Error in data.frame(x = tsne$Y[, 1], y = tsne$Y[, 2], Subclones = pred) : arguments imply differing number of rows: 0, 48 In addition: There were 17 warnings (use warnings() to see them)

@zpingfeng I think the problem is related to the low quality of the sample from the 1692 starting cells only 48 cells remain, all of which are considered cancerous, you can check with another sample if the problem persists.
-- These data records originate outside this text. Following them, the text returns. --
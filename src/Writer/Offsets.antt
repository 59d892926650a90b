-- ===== src/Writer/Offsets.antt =====
-- mysql/src/packet_writer.rs: what is left of a header and a chunk, and what a stream has taken.
use opensrv.Common.{
  ℕ, ◌+◌, ◌-◌, ◌≤◌, ◌<◌, ◌≡◌, refl, sym, ap, ◌∙◌, [], ◌∷◌, ◌++◌, Bytes, length, length-drop, take,
  drop, take-add, take-append-drop, drop-append_le, drop-append_ge, drop-drop, drop_all, take_all,
  append_assoc, arith, false, ltb, ltb→lt, ltb→le, ◌==◌, if◌then◌else◌, ok, err, Result, inl, inr,
  Bool-cases, Option, min,
}
use opensrv.Wire.{IoError, write_zero, transport}
use opensrv.Writer.{Output, Peer, accepts, refuses, stalls, flush_fails, flush_stalls, waited_out}

-- What is left of a header and of a chunk at two offsets.
abbrev pub left : Bytes → Bytes → ℕ → ℕ → Bytes
left header chunk ho co = drop ho header ++ drop co chunk

-- The offsets that the loop goes through: the chunk is not begun before the header is out.
pub record AreOffsets (header chunk : Bytes) (ho co : ℕ) : Type 0 where
  pub in_header : ho ≤ length header
  pub header_first : ho < length header → co ≡ 0

-- Why a call may fail: the stream below did not take a byte, reported an error or did not answer.
pub data Caused (peer : Peer) (timeout : Option ℕ) : IoError → Type 0 where
  took_nothing : (call : ℕ) → peer.on_write call ≡ accepts 0 → Caused peer timeout write_zero
  refused : (call n : ℕ) → peer.on_write call ≡ refuses n → Caused peer timeout (transport n)
  stalled : (call : ℕ) → peer.on_write call ≡ stalls → Caused peer timeout (waited_out timeout)
  flush_refused :
      (call n : ℕ) → peer.on_flush call ≡ flush_fails n → Caused peer timeout (transport n)
  flush_stalled :
      (call : ℕ) → peer.on_flush call ≡ flush_stalls → Caused peer timeout (waited_out timeout)

-- What a loop that was offered `bytes` may have done: all are written, or an error came and a
-- proper prefix is written.
pub data Sent (peer : Peer) (timeout : Option ℕ) (bytes : Bytes) (out : Output)
    : Result IoError (Unit {0}) × Output → Type 0 where
  all_sent :
      (out' : Output)
      → out'.written ≡ out.written ++ bytes
      → out'.flushes ≡ out.flushes
      → Sent peer timeout bytes out (ok tt, out')
  cut_off :
      (e : IoError) (k : ℕ) (out' : Output)
      → Caused peer timeout e
      → k < length bytes
      → out'.written ≡ out.written ++ take k bytes
      → out'.flushes ≡ out.flushes
      → Sent peer timeout bytes out (err e, out')

-- The slices that are offered are what is left.
pub offered :
    (header chunk : Bytes) (ho co : ℕ)
    → (if ltb ho (length header) then drop ho header ++ drop co chunk else drop co chunk)
      ≡ left header chunk ho co
offered header chunk ho co = elim (Bool-cases (ltb ho (length header))) [
  | inl e ↦ rw e
  | inr e ↦ rw (e, drop_all ho header (ltb→le ho (length header) e))
]

-- One round moves the offsets on by what was taken.
pub left_step :
    (header chunk : Bytes) (ho co n : ℕ)
    → AreOffsets header chunk ho co
    → n < length header - ho
    → left header chunk (ho + n) co ≡ drop n (left header chunk ho co)
left_step header chunk ho co n o h =
    ap (λ d. d ++ drop co chunk) (sym (drop-drop ho n header))
    ∙ sym (drop-append_le n (drop ho header) (drop co chunk) (omega (arith, length-drop ho header)))

pub left_jump :
    (header chunk : Bytes) (ho co n : ℕ)
    → AreOffsets header chunk ho co
    → length header - ho ≤ n
    → left header chunk (length header) (co + (n - (length header - ho)))
      ≡ drop n (left header chunk ho co)
left_jump header chunk ho co n o h =
    ap (λ d. d ++ drop (co + (n - (length header - ho))) chunk)
      (drop_all (length header) header (omega arith))
    ∙ sym (drop-drop co (n - (length header - ho)) chunk)
    ∙ ap (λ k. drop (n - k) (drop co chunk)) (sym (length-drop ho header))
    ∙ sym (drop-append_ge n (drop ho header) (drop co chunk) (omega (arith, length-drop ho header)))

pub nil_of_length : (bytes : Bytes) → length bytes ≡ 0 → bytes ≡ []
nil_of_length [] h = refl
nil_of_length (b ∷ bs) h = absurd (omega arith)

pub ne-zero : (m : ℕ) → (m == 0) ≡ false → 0 < m
ne-zero m h = ground arith

-- What was taken before, and what the rest of the loop does.
pub Sent-after :
    {peer : Peer} {timeout : Option ℕ} {bytes : Bytes} {out : Output}
    {r : Result IoError (Unit {0}) × Output} (n : ℕ) (out' : Output)
    → n ≤ length bytes
    → out'.written ≡ out.written ++ take n bytes
    → out'.flushes ≡ out.flushes
    → Sent peer timeout (drop n bytes) out' r
    → Sent peer timeout bytes out r
Sent-after {bytes} {out} n out' h w f (all_sent out'' w' f') =
    all_sent out''
      (w'
        ∙ ap (λ b. b ++ drop n bytes) w
        ∙ append_assoc out.written (take n bytes) (drop n bytes)
        ∙ ap (λ b. out.written ++ b) (take-append-drop n bytes))
      (f' ∙ f)
Sent-after {bytes} {out} n out' h w f (cut_off e k out'' ne hk w' f') =
    cut_off e (n + k) out'' ne (omega (arith, length-drop n bytes))
      (w'
        ∙ ap (λ b. b ++ take k (drop n bytes)) w
        ∙ append_assoc out.written (take n bytes) (take k (drop n bytes))
        ∙ ap (λ b. out.written ++ b) (sym (take-add n k bytes)))
      (f' ∙ f)

pub take-min : (n : ℕ) (bytes : Bytes) → take n bytes ≡ take (min n (length bytes)) bytes
take-min n bytes = elim (Bool-cases (ltb n (length bytes))) [
  | inl e ↦ ap (λ k. take k bytes) (omega (arith, ltb→lt n (length bytes) e))
  | inr e ↦
      take_all n bytes (ltb→le n (length bytes) e)
      ∙ sym (take_all (min n (length bytes)) bytes (omega (arith, ltb→le n (length bytes) e)))
]
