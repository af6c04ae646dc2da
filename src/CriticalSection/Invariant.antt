-- ===== src/CriticalSection/Invariant.antt =====
-- What each step keeps, for the thread that steps and the counts of the others.
use io_base.Base.{
  ℕ, zero, suc, ◌+◌, ◌<◌, ◌≤◌, ◌≡◌, true, false, ◌&&◌, Option, none, some, arith, ◌⊎◌, inl, inr,
  refl,
}
use io_base.CriticalSection.Defs.{
  Shared, Call, Stage, owned_by, spin, spin_round, try_enter, leave, release, advance, checks,
  take_check, is_leave, is_outside,
}
use Call.{enters, tries, leaves}
use Stage.{outside, spinning, queueing, waiting, entering, inside, releasing, signaling}

-- Threads that have the lock before they are inside or after, threads inside, threads about to signal, threads
-- in the semaphore's wait.
abbrev pub passes : Stage → ℕ
passes entering = 1
passes releasing = 1
passes stage = 0

abbrev pub is_inside : Stage → ℕ
is_inside inside = 1
is_inside stage = 0

abbrev pub signals : Stage → ℕ
signals signaling = 1
signals stage = 0

abbrev pub waits : Stage → ℕ
waits waiting = 1
waits stage = 0

-- The counts fit the shared state: the queue is the recursion, the passing and the waiting threads; at most one
-- thread has the lock, is about to hand it on, or can take it from the semaphore; it is handed on only if a thread
-- waits, and while one waits it is not lost; without a thread that has it there is no recursion, with one
-- inside there is, and without recursion there is no owner.
unfoldable pub Counts : (p i s w : ℕ) → Shared → Type 0
Counts p i s w h =
    (h.lock_queue_ ≡ h.recursion_ + p + w)
    × (p + i + s + h.semaphore_ ≤ 1)
    × (s + h.semaphore_ ≤ w)
    × (p + i + s + h.semaphore_ ≡ 0 → w ≡ 0)
    × (p + i ≡ 0 → h.recursion_ ≡ 0)
    × (0 < i → 0 < h.recursion_)
    × (h.recursion_ ≡ 0 → h.owning_thread_ ≡ none)

-- Where a thread stands fits the owner.
abbrev pub Stands : Option ℕ → (recursion self : ℕ) → Stage → Type 0
Stands owner recursion self entering = Unit
Stands owner recursion self inside = owned_by owner self ≡ true
Stands owner recursion self releasing = 0 < recursion → owned_by owner self ≡ true
Stands owner recursion self stage = owned_by owner self ≡ false

-- A thread, and the counts of the others.
abbrev pub Local : (p i s w self : ℕ) → Stage → Shared → Type 0
Local p i s w self stage h =
    Counts (passes stage + p) (is_inside stage + i) (signals stage + s) (waits stage + w) h
    × Stands h.owning_thread_ h.recursion_ self stage

module _ (p i s w self : ℕ) (h : Shared) where
  release-Local : Local p i s w self releasing h → Local p i s w self (release h).0 (release h).1
  unfolding release Counts
  release-Local l = ground arith

  leave-Local : Local p i s w self inside h → Local p i s w self (leave h).0 (leave h).1
  unfolding leave Counts
  leave-Local l = ground arith

  signal-Local :
      Local p i s w self signaling h
      → Local p i s w self outside (record h { semaphore_ = h.semaphore_ + 1 })
  unfolding Counts
  signal-Local l = ground arith

  wait-Local :
      Local p i s w self waiting h
      → Local p i s w self (advance self enters waiting h).0 (advance self enters waiting h).1
  unfolding Counts advance
  wait-Local l = ground arith

  queue-Local :
      Local p i s w self queueing h
      → Local p i s w self (advance self enters queueing h).0 (advance self enters queueing h).1
  unfolding Counts advance
  queue-Local l = ground arith

  enter-Local :
      Local p i s w self entering h
      → Local p i s w self inside
          (record h { owning_thread_ = some self; recursion_ = h.recursion_ + 1 })
  unfolding Counts
  enter-Local l = ground arith

  try-outside :
      Local p i s w self outside h
      → Local p i s w self (try_enter self outside h).0 (try_enter self outside h).1
  unfolding Counts try_enter
  try-outside l = ground arith

  try-inside :
      Local p i s w self inside h
      → Local p i s w self (try_enter self inside h).0 (try_enter self inside h).1
  unfolding Counts try_enter
  try-inside l = ground arith

  spin-outside :
      (n : ℕ)
      → Local p i s w self outside h
      → Local p i s w self (spin_round self n h).0 (spin_round self n h).1
  unfolding Counts spin_round
  spin-outside zero l = ground arith
  spin-outside (suc n) l = ground arith

  spin-inside :
      (n : ℕ)
      → Local p i s w self inside h
      → Local p i s w self (spin_round self n h).0 (spin_round self n h).1
  unfolding Counts spin_round
  spin-inside n l = ground arith

-- A step keeps the counts and where the thread stands.
pub advance-Local :
    (p i s w self : ℕ) (call : Call) (stage : Stage) (h : Shared)
    → is_leave call && is_outside stage ≡ false
    → Local p i s w self stage h
    → Local p i s w self (advance self call stage h).0 (advance self call stage h).1
unfolding advance
advance-Local p i s w self enters outside h own l = spin-outside p i s w self h spin l
advance-Local p i s w self tries outside h own l = try-outside p i s w self h l
advance-Local p i s w self leaves outside h own l = absurd (ground (arith, own))
advance-Local p i s w self call (spinning n) h own l = spin-outside p i s w self h n l
advance-Local p i s w self call queueing h own l = queue-Local p i s w self h l
advance-Local p i s w self call waiting h own l = wait-Local p i s w self h l
advance-Local p i s w self call entering h own l = enter-Local p i s w self h l
advance-Local p i s w self enters inside h own l = spin-inside p i s w self h spin l
advance-Local p i s w self tries inside h own l = try-inside p i s w self h l
advance-Local p i s w self leaves inside h own l = leave-Local p i s w self h l
advance-Local p i s w self call releasing h own l = release-Local p i s w self h l
advance-Local p i s w self call signaling h own l = signal-Local p i s w self h l

module _ (p i s w self : ℕ) (h : Shared) where
  take-passes :
      (own : Local p i s w self outside h ⊎ Local p i s w self inside h) → take_check self h ≡ true
  unfolding Counts take_check
  take-passes (inl l) = ground arith
  take-passes (inr l) = ground arith

  queue-passes : (call : Call) → Local p i s w self queueing h → checks self call queueing h ≡ true
  unfolding Counts checks
  queue-passes call l = ground arith

  wait-passes : (call : Call) → Local p i s w self waiting h → checks self call waiting h ≡ true
  unfolding Counts checks
  wait-passes call l = ground arith

-- No check of a step fails.
pub advance-passes :
    (p i s w self : ℕ) (call : Call) (stage : Stage) (h : Shared)
    → is_leave call && is_outside stage ≡ false
    → Local p i s w self stage h
    → checks self call stage h ≡ true
unfolding checks
advance-passes p i s w self enters outside h own l = refl
advance-passes p i s w self tries outside h own l = take-passes p i s w self h (inl l)
advance-passes p i s w self leaves outside h own l = absurd (ground (arith, own))
advance-passes p i s w self call (spinning n) h own l = ground arith
advance-passes p i s w self call queueing h own l = queue-passes p i s w self h call l
advance-passes p i s w self call waiting h own l = wait-passes p i s w self h call l
advance-passes p i s w self call entering h own l = ground arith
advance-passes p i s w self enters inside h own l = refl
advance-passes p i s w self tries inside h own l = take-passes p i s w self h (inr l)
advance-passes p i s w self leaves inside h own l = l.1
advance-passes p i s w self call releasing h own l = ground arith
advance-passes p i s w self call signaling h own l = ground arith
AntonioDeFalco commented 3 months ago

I have the same issue with the following code:

results <- SCEVAN::pipelineCNA(count_mtx, 
                                sample = paste0(sample, "_test"),
                                par_cores = 20,
                                SUBCLONES = FALSE, ClonalCN = FALSE,
                                plotTree = FALSE)

And I get:

1] " raw data - genes: 26298 cells: 8149"
[1] "1) Filter: cells > 200 genes"
[1] "low data quality"
[1] "2) Filter: genes > 5% of cells"
[1] "7843 genes past filtering"
[1] "3) Annotations gene coordinates"
Error in `colnames<-`(`*tmp*`, value = colnames(geData)) : 
  attempt to set 'colnames' on an object with less than two dimensions
Timing stopped at: 0.006 1.194 3.097
sessionInfo()

R version 4.3.2 (2023-10-31)
Platform: x86_64-pc-linux-gnu (64-bit)
Running under: Ubuntu 20.04.6 LTS

copykat_1.1.0    doParallel_1.0.17   
iterators_1.0.14    foreach_1.5.2     
Seurat_5.0.2      SeuratObject_5.0.1   sp_2.1-3            
(other packages not shown)

Edit: I have increased the memory and decreased the par_cores=10 and it worked for now, but a clear error message could be better in the future.

Yes generally this problem is solved by reducing the number of cores, I have to check how to catch this error when running parallel.

zpingfeng commented 3 months ago

Thanks for reply! It makes sense! I have no problem with other samples.